We used the five masks provided by EnMAP (cloud, cirrus, cloud-shadow, haze, snow) to eliminate non-vegetation surface elements in the scene. To deal with mask artifacts, a binary dilation buffer with a radius of 40 pixels was chosen after testing different values. Topography correction using a digital elevation model has already been applied by the EnMAP preprocessing pipeline for L2A data. All masks were merged and then applied on the scene. Furthermore, since EnMAP scenes have a rhomboid shape with padding of no-data values around them, each scene was cropped to an axis-parallel rectangle using the outer coordinates of the scene. Next, we masked all man-made surface elements and water (built-up area, croplands, permanent water and snow/ice) identified in the ESA WorldCover V2 2021 dataset52.

Prediction and evaluation

We drew a random sample of n = 5000 pixels from the remaining areas comprising natural and semi-natural, sunlit, vegetated pixels. On these pixels, we applied the trait model, predicting 20 plant functional trait values, resulting in a total of 100,000 trait values per scene. A heatmap with mean trait values and ranges per biome is available in the supplementary material (Supplementary Fig. 31). The values were then standardized to a mean of 0 and a standard deviation of 1 before being subject to a Principal Component Analysis (PCA). Standardization and PCA were first done globally for all scenes at once, and then the component loadings were used for the individual scenes (Supplementary Fig. 32). We created a PCA biplot to visualize how the traits influence the main two axes (Supplementary Fig. 33). Over 90% of the variance is explained by the first five components of the PCA (Supplementary Fig. 34), therefore we chose these as the basis for calculating both the Rao’s Q and functional richness value for each scene.

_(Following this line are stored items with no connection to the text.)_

-- ===== src/Keychain/Windows/AttributeLists.antt =====
-- store/keychain/keychain_windows.go: the attributes of a credential as a map and as a list.
use secrets_engine.Keychain.Metadata.{Attributes}
use secrets_engine.Keychain.Windows.{
  map_to_windows_attributes, map_from_windows_attributes, from_loop,
}
use secrets_engine.Maps.{empty, put, elem, is_some, IsKeys}
use secrets_engine.Prelude.{
  ◌≡◌, refl, sym, ◌∙◌, ◌&&◌, List, [], ◌∷◌, arith, if◌then◌else◌, inl, inr, Option-cases,
}
use secrets_engine.Text.{Bytes, equal_refl, equal_ne, Bytes-cases}

from_loop_at :
    (keys : List Bytes) (m acc : Attributes) (j : Bytes)
    → from_loop (map_to_windows_attributes keys m) acc j
      ≡ (if elem j keys && is_some (m j) then m j else acc j)
unfolding from_loop map_to_windows_attributes
from_loop_at [] m acc j = refl
from_loop_at (k ∷ keys) m acc j = elim (Option-cases (m k)) [
  | inl z ↦
      rw (map_to_windows_attributes, z)
        (from_loop_at keys m acc j ∙ elim (Bytes-cases j k) [
          | inl e ↦ rw (e, z) (ground arith)
          | inr n ↦ rw (equal_ne j k n)
        ])
  | inr (v, z) ↦
      rw (map_to_windows_attributes, z)
        (from_loop_at keys m (put k v acc) j ∙ elim (Bytes-cases j k) [
          | inl e ↦ rw (e, z, equal_refl k) (ground arith)
          | inr n ↦ rw (equal_ne j k n, equal_ne k j (λ w. n (sym w)))
        ])
]

-- The list made from a map, in whatever order, gives the map back.
pub map_from-map_to :
    (keys : List Bytes) (m : Attributes)
    → IsKeys m keys
    → (j : Bytes) → map_from_windows_attributes (map_to_windows_attributes keys m) j ≡ m j
unfolding map_from_windows_attributes
map_from-map_to keys m v j = from_loop_at keys m empty j ∙ elim (Option-cases (m j)) [
  | inl z ↦ rw (v.visits j, z) (ground arith)
  | inr (x, z) ↦ rw (v.visits j, z) (ground arith)
]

Both metrics were chosen because they are widely used by the community and measure different aspects of functional diversity.

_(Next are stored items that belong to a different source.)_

-- ===== src/Keychain/Windows/Chunks.antt =====
-- store/keychain/keychain_windows.go: a blob in pieces of a bounded size.
use secrets_engine.Prelude.{
  ℕ, zero, suc, ◌+◌, ◌≤◌, min, ◌≡◌, refl, ap, ◌∙◌, List, [], ◌∷◌, ◌++◌, arith, length, take, drop,
  take-append-drop, length-drop, length-take,
}
use secrets_engine.Text.{Bytes}

chunk_fuel : ℕ → Bytes → ℕ → List Bytes
chunk_fuel zero blob size = []
chunk_fuel (suc f) [] size = []
chunk_fuel (suc f) (b ∷ blob) size =
    let n = min size (length (b ∷ blob)) in
    take n (b ∷ blob) ∷ chunk_fuel f (drop n (b ∷ blob)) size

-- `chunkBlob`; each round takes a byte at least, if the size is not 0.
unfoldable pub chunk_blob : Bytes → ℕ → List Bytes
unfolding chunk_fuel
chunk_blob blob size = chunk_fuel (length blob) blob size

abbrev pub concat : List Bytes → Bytes
concat [] = []
concat (c ∷ cs) = c ++ concat cs

concat-chunk_fuel :
    (f : ℕ) (blob : Bytes) (size : ℕ)
    → 1 ≤ size
    → length blob ≤ f
    → concat (chunk_fuel f blob size) ≡ blob
unfolding chunk_fuel
concat-chunk_fuel zero [] size p h = refl
concat-chunk_fuel zero (b ∷ blob) size p h = absurd (omega arith)
concat-chunk_fuel (suc f) [] size p h = refl
concat-chunk_fuel (suc f) (b ∷ blob) size p h =
    let n = min size (length (b ∷ blob)) in
    ap (λ (t : Bytes). take n (b ∷ blob) ++ t)
      (concat-chunk_fuel f (drop n (b ∷ blob)) size p (omega (arith, length-drop n (b ∷ blob))))
    ∙ take-append-drop n (b ∷ blob)

-- All chunks but the last have exactly the size, and the last has between one byte and the size.
abbrev pub FullChunks : ℕ → List Bytes → Type 0
FullChunks size [] = Unit
FullChunks size (c ∷ []) = (1 ≤ length c) × (length c ≤ size)
FullChunks size (c ∷ d ∷ cs) = (length c ≡ size) × FullChunks size (d ∷ cs)

FullChunks-cons :
    (size : ℕ) (c rest : Bytes) (f : ℕ)
    → 1 ≤ size
    → length c ≡ min size (length c + length rest)
    → 1 ≤ length c
    → FullChunks size (chunk_fuel f rest size)
    → FullChunks size (c ∷ chunk_fuel f rest size)
unfolding chunk_fuel
FullChunks-cons size c rest zero p e q h = (q, omega arith)
FullChunks-cons size c [] (suc f) p e q h = (q, omega arith)
FullChunks-cons size c (b ∷ rest) (suc f) p e q h = (omega arith, h)

chunk_fuel-FullChunks :
    (f : ℕ) (blob : Bytes) (size : ℕ) → 1 ≤ size → FullChunks size (chunk_fuel f blob size)
unfolding chunk_fuel
chunk_fuel-FullChunks zero blob size p = tt
chunk_fuel-FullChunks (suc f) [] size p = tt
chunk_fuel-FullChunks (suc f) (b ∷ blob) size p =
    let n = min size (length (b ∷ blob)) in
    FullChunks-cons size (take n (b ∷ blob)) (drop n (b ∷ blob)) f p
      (omega (arith, length-take n (b ∷ blob), length-drop n (b ∷ blob)))
      (omega (arith, length-take n (b ∷ blob))) (chunk_fuel-FullChunks f (drop n (b ∷ blob)) size p)

-- For a size that is not 0, the chunks of a blob joined are the blob; each chunk but the last has
-- exactly the size, and the last has between one byte and the size.
pub chunk_blob_lem :
    (blob : Bytes) (size : ℕ)
    → 1 ≤ size
    → (concat (chunk_blob blob size) ≡ blob) × FullChunks size (chunk_blob blob size)
unfolding chunk_blob
chunk_blob_lem blob size p = (
  concat-chunk_fuel (length blob) blob size p (omega arith),
  chunk_fuel-FullChunks (length blob) blob size p,
)

length-chunk_fuel : (f : ℕ) (blob : Bytes) (size : ℕ) → length (chunk_fuel f blob size) ≤ f
unfolding chunk_fuel
length-chunk_fuel zero blob size = omega arith
length-chunk_fuel (suc f) [] size = omega arith
length-chunk_fuel (suc f) (b ∷ blob) size = omega (arith, length-chunk_fuel f _ size)

-- There are no more chunks than bytes.
pub length-chunk_blob : (blob : Bytes) (size : ℕ) → length (chunk_blob blob size) ≤ length blob
unfolding chunk_blob
length-chunk_blob blob size = length-chunk_fuel (length blob) blob size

Rao’s Q measures diversity as trait dissimilarity by considering the weighted average of all pairwise differences between values, where the weights are based on the relative proportions of each data point following Eq. (1).

$$Q={\sum}_{i=1}^{n} {\sum}_{j=1}^{n}{p}_{i}{p}_{j}d\left({x}_{i},{x}_{j}\right)$$
(1)

Where \({p}_{i}\) and \({p}_{j}\) are the relative proportions associated with data points \({x}_{i}\) and \({x}_{j}\) and \(d({x}_{i},{x}_{j})\) is the difference between \({x}_{i}\) and \({x}_{j}\). Functional richness measures diversity as the range of plant functional trait values and was calculated in two ways. First, as the volume of the convex hull in the 5-dimensional PCA-space. For this we used the convex hull function from SciPy in python56. Second, functional richness was calculated as the kernel density estimation hypervolume (KDE) of the 5-dimensional PCA-space, as this method might be less prone to data outliers. Here we used the KernelDensity function from scikit-learn in python57. Bandwidth was set to 0.5 after applying GridSearchCV from scikit-learn to ten scenes from each of the five biomes. The threshold was set to the 95% quantile and the generated samples to 50,000. Values below 5% and above the 95% quantiles for both metrics were removed to prevent distortions from extreme outliers.